Gains in large-cap tech had buoyed equities for much of the morning, but the support faded in the afternoon. Congress is negotiating a fresh spending bill to offset the pandemic’s effects, and signs have emerged that New York is past the worst of its outbreak.

“It’s going to take some time for us to come back and there’s no guarantee we’ll come back without a resurgence,” said Jerry Braakman, chief investment officer of First American Trust, in Santa Ana, California, which is managing $1.8 billion.
The Stoxx Europe 600 Index edged higher. Shares retreated across much of Asia, though the benchmark in Shanghai rose. European bonds dropped as Treasuries advanced.

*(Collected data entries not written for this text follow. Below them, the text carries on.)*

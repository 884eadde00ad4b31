-- ===== src/Text.antt =====
-- Strings as lists of code points, with the functions of Go's `strings` that the program uses.
use mathlib.Core.Bool.{false≢true}
use teldrive_easy.Prelude.{
  ℕ, suc, ◌≡◌, refl, ap₂, Bool, true, false, ◌&&◌, ◌||◌, List, [], ◌∷◌, ◌++◌, Option, none, some,
  ◌==◌, ==_true, ==_false, if◌then◌else◌, length, ℕ_discrete,
}

abbrev pub Text : Type 0
Text = List ℕ

unfoldable pub text_equal : Text → Text → Bool
text_equal [] [] = true
text_equal [] (_ ∷ _) = false
text_equal (_ ∷ _) [] = false
text_equal (a ∷ as') (b ∷ bs) = (a == b) && text_equal as' bs

-- `strings.LastIndex` of one character; `none` is its -1.
unfoldable pub last_index : ℕ → Text → Option ℕ
last_index c [] = none
last_index c (x ∷ xs) = elim (last_index c xs) [
  | some i ↦ some (suc i)
  | none ↦ if x == c then some 0 else none
]

-- `strings.Index` of one character.
unfoldable pub index : ℕ → Text → Option ℕ
index c [] = none
index c (x ∷ xs) =
    let rest = index c xs in
    if x == c then some 0 else elim rest [ none ↦ none | some i ↦ some (suc i) ]

-- `strings.Split` at one character: never an empty list.

unfoldable pub split_head : ℕ → Text → Text
split_head c [] = []
split_head c (x ∷ xs) = let rest = split_head c xs in if x == c then [] else x ∷ rest

unfoldable pub split_tail : ℕ → Text → List Text
split_tail c [] = []
split_tail c (x ∷ xs) =
    let rest = split_tail c xs in if x == c then split_head c xs ∷ rest else rest

abbrev pub split : ℕ → Text → List Text
split c xs = split_head c xs ∷ split_tail c xs

-- `strings.HasPrefix(xs, ps)` and `strings.Contains(xs, ps)`, with the part first.
unfoldable pub has_prefix : Text → Text → Bool
has_prefix [] xs = true
has_prefix (p ∷ ps) [] = false
has_prefix (p ∷ ps) (x ∷ xs) = (p == x) && has_prefix ps xs

unfoldable pub contains_text : Text → Text → Bool
contains_text ps [] = has_prefix ps []
contains_text ps (x ∷ xs) = has_prefix ps (x ∷ xs) || contains_text ps xs

-- The tests on strings as equations.
pub text_equal_self : (xs : Text) → text_equal xs xs ≡ true
unfolding text_equal
text_equal_self [] = refl
text_equal_self (x ∷ xs) = rw (==_true x x refl) (text_equal_self xs)

pub text_equal_sound : (xs ys : Text) → text_equal xs ys ≡ true → xs ≡ ys
unfolding text_equal
text_equal_sound [] [] h = refl
text_equal_sound [] (y ∷ ys) h = cc
text_equal_sound (x ∷ xs) [] h = cc
text_equal_sound (x ∷ xs) (y ∷ ys) h = elim (ℕ_discrete x y) [
  | yes e ↦ ap₂ ◌∷◌ e (text_equal_sound xs ys (rw (==_true x y e) at h))
  | no e ↦ absurd (false≢true (rw (==_false x y e) at h))
]

-- A string without the character.
abbrev pub Lacks : ℕ → Text → Type 0
Lacks c xs = last_index c xs ≡ none

-- The last occurrence is the one before a tail that lacks the character.
pub last_index-append :
    (c : ℕ) (xs ys : Text) → Lacks c ys → last_index c (xs ++ c ∷ ys) ≡ some (length xs)
unfolding last_index
last_index-append c [] ys h = rw (h, ==_true c c refl) refl
last_index-append c (x ∷ xs) ys h = rw (last_index-append c xs ys h) refl
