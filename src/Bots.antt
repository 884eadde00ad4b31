-- ===== src/Bots.antt =====
-- internal/tgc/bot_selector.go: the bots of a user take turns.
pub mod Turns
use teldrive_easy.Prelude.{
  ℕ, zero, suc, ◌+◌, ◌-◌, ◌%◌, ◌≡◌, Bool, true, false, List, [], ◌∷◌, Option, none, some, ◌==◌,
  if◌then◌else◌, length, get_elem?,
}
use teldrive_easy.Text.{Text}

-- A panic is the index past the end of the bots.
pub data Error : Type 0 where
  no_bots incr_failed panicked : Error

pub data Choice : Type 0 where
  token : Text → ℕ → Choice
  failed : Error → Choice

-- The counters, one for each key of an operation and a user; a key that is not set counts 0.
unfoldable pub set_index : (ℕ → ℕ) → ℕ → ℕ → (ℕ → ℕ)
set_index idx key i k = if k == key then i else idx k

unfoldable pub chosen : List Text → ℕ → Choice
chosen bots i = elim (get_elem? bots i) [ none ↦ failed panicked | some t ↦ token t i ]

-- `MemoryBotSelector.Next`; `key` is what `selectorKey` makes of the operation and the user.
unfoldable pub next : ℕ → List Text → (ℕ → ℕ) → Choice × (ℕ → ℕ)
next key [] curr_idx = (failed no_bots, curr_idx)
next key (b ∷ bots) curr_idx =
    let idx = curr_idx key in
    (chosen (b ∷ bots) idx, set_index curr_idx key ((idx + 1) % length (b ∷ bots)))

-- `RedisBotSelector.Next`: the counter is incremented in one step, and read after it. Where Redis does
-- not answer, there is an error, and the counter is taken to be as it was.
unfoldable pub redis_next : (answers : Bool) → ℕ → List Text → (ℕ → ℕ) → Choice × (ℕ → ℕ)
redis_next answers key [] counters = (failed no_bots, counters)
redis_next false key (b ∷ bots) counters = (failed incr_failed, counters)
redis_next true key (b ∷ bots) counters =
    let idx = counters key + 1 in
    (chosen (b ∷ bots) ((idx - 1) % length (b ∷ bots)), set_index counters key idx)

-- Calls of one user and operation, with one list of bots.
unfoldable pub turns :
    (ℕ → List Text → (ℕ → ℕ) → Choice × (ℕ → ℕ)) → ℕ → ℕ → List Text → (ℕ → ℕ) → List Choice
turns step zero key bots s = []
turns step (suc n) key bots s = (step key bots s).0 ∷ turns step n key bots (step key bots s).1
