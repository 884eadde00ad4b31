-- ===== src/Bots/Turns.antt =====
-- Both selectors take the bots in turn.
use native.Mathlib.Nat.{mod-lt, mod-add-mod}
use teldrive_easy.Prelude.{
  ℕ, zero, suc, ◌+◌, ◌%◌, ◌<◌, ◌≡◌, refl, ap, ap₂, ◌∙◌, List, [], ◌∷◌, some, true, ==_true, length,
  get_elem?, arith,
}
use teldrive_easy.Text.{Text}
use teldrive_easy.Bots.{Choice, token, set_index, chosen, next, redis_next, turns}

-- The bots from the place `i` on, round and round.
unfoldable pub round_robin : ℕ → ℕ → List Text → List Choice
round_robin zero i bots = []
round_robin (suc n) i bots = chosen bots (i % length bots) ∷ round_robin n (i + 1) bots

get_elem?-some :
    {A : Type 0} (xs : List A) (i : ℕ) → i < length xs → (a : A) × (get_elem? xs i ≡ some a)
get_elem?-some [] i h = absurd (omega arith)
get_elem?-some (x ∷ xs) zero h = (x, refl)
get_elem?-some (x ∷ xs) (suc i) h = get_elem?-some xs i (omega arith)

pub chosen_token :
    (bots : List Text) (i : ℕ)
    → i < length bots
    → (t : Text) × (get_elem? bots i ≡ some t) × (chosen bots i ≡ token t i)
unfolding chosen
chosen_token bots i h = let (t, e) = get_elem?-some bots i h in (t, e, rw (e, chosen) refl)

set_index_self : (idx : ℕ → ℕ) (key i : ℕ) → set_index idx key i key ≡ i
unfolding set_index
set_index_self idx key i = rw (==_true key key refl) refl

redis_turns :
    (n key : ℕ) (b : Text) (bots : List Text) (counters : ℕ → ℕ)
    → turns (redis_next true) n key (b ∷ bots) counters ≡ round_robin n (counters key) (b ∷ bots)
unfolding turns round_robin redis_next
redis_turns zero key b bots s = refl
redis_turns (suc n) key b bots s =
    ap₂ ◌∷◌ (ap (λ i. chosen (b ∷ bots) (i % length (b ∷ bots))) (omega arith)) (
      redis_turns n key b bots (set_index s key (s key + 1))
      ∙ ap (λ i. round_robin n i (b ∷ bots)) (set_index_self s key (s key + 1)))

memory_turns :
    (n key i : ℕ) (b : Text) (bots : List Text) (curr_idx : ℕ → ℕ)
    → curr_idx key ≡ i % length (b ∷ bots)
    → turns next n key (b ∷ bots) curr_idx ≡ round_robin n i (b ∷ bots)
unfolding turns round_robin next
memory_turns zero key i b bots s h = refl
memory_turns (suc n) key i b bots s h = ap₂ ◌∷◌ (ap (chosen (b ∷ bots)) h) (
    memory_turns n key (i + 1) b bots _ (
      set_index_self s key _
      ∙ ap (λ k. (k + 1) % length (b ∷ bots)) h
      ∙ mod-add-mod i (length (b ∷ bots)) 1))

-- While the list of bots is the same, Redis answers and both start at the same bot, both selectors
-- hand out the same bots, in turn from their counter on, each of them one that is there; the selector
-- in memory counts modulo the number of bots, the one in Redis does not.
pub next-redis_next :
    (n key : ℕ) (b : Text) (bots : List Text) (curr_idx counters : ℕ → ℕ)
    → curr_idx key ≡ counters key % length (b ∷ bots)
    → (turns next n key (b ∷ bots) curr_idx ≡ round_robin n (counters key) (b ∷ bots))
      × (turns (redis_next true) n key (b ∷ bots) counters
          ≡ round_robin n (counters key) (b ∷ bots))
      × ((i : ℕ)
          → (t : Text) × (chosen (b ∷ bots) (i % length (b ∷ bots))
              ≡ token t (i % length (b ∷ bots))))
next-redis_next n key b bots curr_idx counters h = (
  memory_turns n key (counters key) b bots curr_idx h,
  redis_turns n key b bots counters,
  λ i.
      let (t, _, e) = chosen_token (b ∷ bots) (i % length (b ∷ bots)) (mod-lt i (omega arith)) in
      (t, e),
)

Investors start the week weighing both the oil crash and signs that Congress is close to a fresh spending package. The pace of earnings season is about to pick up, with almost one-fifth of S&P 500 companies reporting this week. Coca-Cola Co. and Netflix Inc. are among companies due to report in the coming days.
Governments and policy makers are continuing attempts to limit the economic damage of the pandemic. U.S. lawmakers are moving closer to a deal to top up funds for small businesses, China pledged more stimulus as banks lowered borrowing costs and European officials are discussing creating a bad bank for the region, according to the Financial Times.